La memoria del aroma

ARTURO CHECA

Cada año en Semana Santa con el regreso al pueblo me pongo nostálgico. Y como suele coincidir con mi aparición por estos lares periodísticos, pues me encanta hablar de la grandeza de las pequeñas cosas. De los verdaderos tesoros, que no son otros que los del día a día. Carpe diem. Esta vez comprobé el evocador poder de los aromas. De cómo un simple olor te transporta décadas atrás, te lleva a otros lugares y hace que mires de nuevo a la cara de seres queridos a los que llevas demasiados años sin ver. Magia. Joyas que te regala la vida y para las que no es preciso billetes de avión, conducir coches deportivos o pagar hinchadas cuentas de restaurante. Un simple aroma de chimenea en la calle y ves de nuevo a tu familia sentada a la fresca en la puerta de casa. La fragancia de la fruta y te topas con el abuelo Demetrio degustando una ciruela pruna tras una siesta en el tresillo del comedor. Hueles madalenas de las de verdad y te topas con la abuela Felicitas picoteando un rollete en la alacena.

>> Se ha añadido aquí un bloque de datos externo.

-- ===== src/Devnet/Shell/Words.antt =====
-- How a POSIX shell splits a simple command into words, as section 2.2 and 2.3 of its standard
-- describe it: quotes, escapes, continued lines. A character with another meaning is not read.
use tempo_py.Prelude.{
  ℕ, ◌==◌, ◌||◌, Bool, true, false, if◌then◌else◌, List, [], ◌∷◌, ◌++◌, Option, none, some,
}
use tempo_py.Python.Bytes.{Str, codes}

pub data Kind : Type 0 where
  line_end blank quote backslash special ordinary : Kind

abbrev pub is_one_of : ℕ → Str → Bool
is_one_of c [] = false
is_one_of c (d ∷ ds) = c == d || is_one_of c ds

unfoldable pub kind : ℕ → Kind
kind c =
    if c == 10
    then line_end
    else if c == b' ' || c == 9
    then blank
    else if c == 39
    then quote
    else if c == b'\\'
    then backslash
    else if is_one_of c (codes "\"$`;&|<>()*?[#~=%!{}")
    then special
    else ordinary

pub data Mode : Type 0 where
  plain quoted escaped : Mode

-- The word that is being read; none between words.
abbrev pub extend : Option Str → ℕ → Option Str
extend none c = some (c ∷ [])
extend (some w) c = some (w ++ (c ∷ []))

abbrev pub start : Option Str → Option Str
start none = some []
start (some w) = some w

abbrev pub finish : Option Str → Option (List Str × Str) → Option (List Str × Str)
finish none rest = rest
finish (some w) none = none
finish (some w) (some (ws, behind)) = some (w ∷ ws, behind)

-- The words of the command at the front, and what is behind the end of its line.
unfoldable pub scan : Mode → Option Str → Str → Option (List Str × Str)
unfolding kind
scan plain w [] = finish w (some ([], []))
scan plain w (c ∷ cs) = elim (kind c) [
  | line_end ↦ finish w (some ([], cs))
  | blank ↦ finish w (scan plain none cs)
  | quote ↦ scan quoted (start w) cs
  | backslash ↦ scan escaped w cs
  | special ↦ none
  | ordinary ↦ scan plain (extend w c) cs
]
scan quoted w [] = none
scan quoted w (c ∷ cs) = elim (c == 39) [
  | true ↦ scan plain w cs
  | false ↦ scan quoted (extend w c) cs
]
scan escaped w [] = none
scan escaped w (c ∷ cs) = elim (c == 10) [
  | true ↦ scan plain w cs
  | false ↦ scan plain (extend w c) cs
]
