-- ===== src/Python/Text/Laws.antt =====
-- Decimal text is read back as its number, and two numbers with the same text are the same.
use tempo_py.Prelude.{
  ℕ, zero, suc, ◌+◌, ◌-◌, ◌*◌, ◌/◌, ◌%◌, ◌≡◌, ◌≤◌, refl, sym, ◌∙◌, ap, List, [], ◌∷◌, ◌++◌,
  append_assoc, ◌==◌, Bool-cases, inl, inr, arith,
}
use tempo_py.Python.Bytes.{Str}
use tempo_py.Python.Text.{join, decimal, decimal_fuel, digit}

-- The number that digits stand for, most significant first.
unfoldable pub number_after : ℕ → Str → ℕ
number_after acc [] = acc
number_after acc (c ∷ cs) = number_after (acc * 10 + (c - b'0')) cs

number_after-decimal_fuel :
    (f n : ℕ) (behind : Str)
    → n ≤ f
    → number_after 0 (decimal_fuel f n behind) ≡ number_after n behind
unfolding decimal_fuel number_after
number_after-decimal_fuel zero n behind h = ap (λ k. number_after k behind) (omega arith)
number_after-decimal_fuel (suc f) n behind h = elim (Bool-cases (n / 10 == 0)) [
  | inl e ↦ rw e (ap (λ k. number_after k behind) (ground (arith, e)))
  | inr e ↦ rw e (
      number_after-decimal_fuel f (n / 10) (digit (n % 10) ∷ behind) (ground (arith, e))
      ∙ ap (λ k. number_after k behind) (omega arith))
]

pub number_after-decimal : (n : ℕ) → number_after 0 (decimal n) ≡ n
unfolding decimal number_after
number_after-decimal n = number_after-decimal_fuel n n [] (omega arith)

pub decimal-injective : (m n : ℕ) → decimal m ≡ decimal n → m ≡ n
decimal-injective m n e =
    sym (number_after-decimal m) ∙ ap (number_after 0) e ∙ number_after-decimal n

-- A join of two runs of parts, neither empty, has the separator once more between them.
pub join-append :
    (sep : Str) (x : Str) (xs : List Str) (y : Str) (ys : List Str)
    → join sep ((x ∷ xs) ++ (y ∷ ys)) ≡ join sep (x ∷ xs) ++ (sep ++ join sep (y ∷ ys))
unfolding join
join-append sep x [] y ys = refl
join-append sep x (x' ∷ xs) y ys = rw (join-append sep x' xs y ys, append_assoc, append_assoc) refl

Olfateas la tinta de un viejo periódico y ves de nuevo al abuelo Florentino entrando por la puerta con el ABC que la cartera le llevaba a casa (si es que no se lo había quitado yo antes). Olisqueas el seco barniz de las persianas y vislumbras a la abuela Marciana escudriñando a hurtadillas la calle desde la ventana y la visita del último forastero. Sientes la esencia del campo en un paseo vespertino y ves de nuevo a la cuadrillas de cazadores, con 'Rubi' corriendo hasta desaparecer en el horizonte, con sus agudos latidos perdiéndose detrás de una liebre. Hueles el aceite de una cadena de bici y regresas a aquellas tardes de sol eterno, bocadillo de nocilla, sangre en las rodillas y calles sin fronteras. El aroma es volver a vivir. Otra prueba de lo feliz que se puede ser siempre con la más nimia cosa. De lo mucho que todos nos complicamos todo.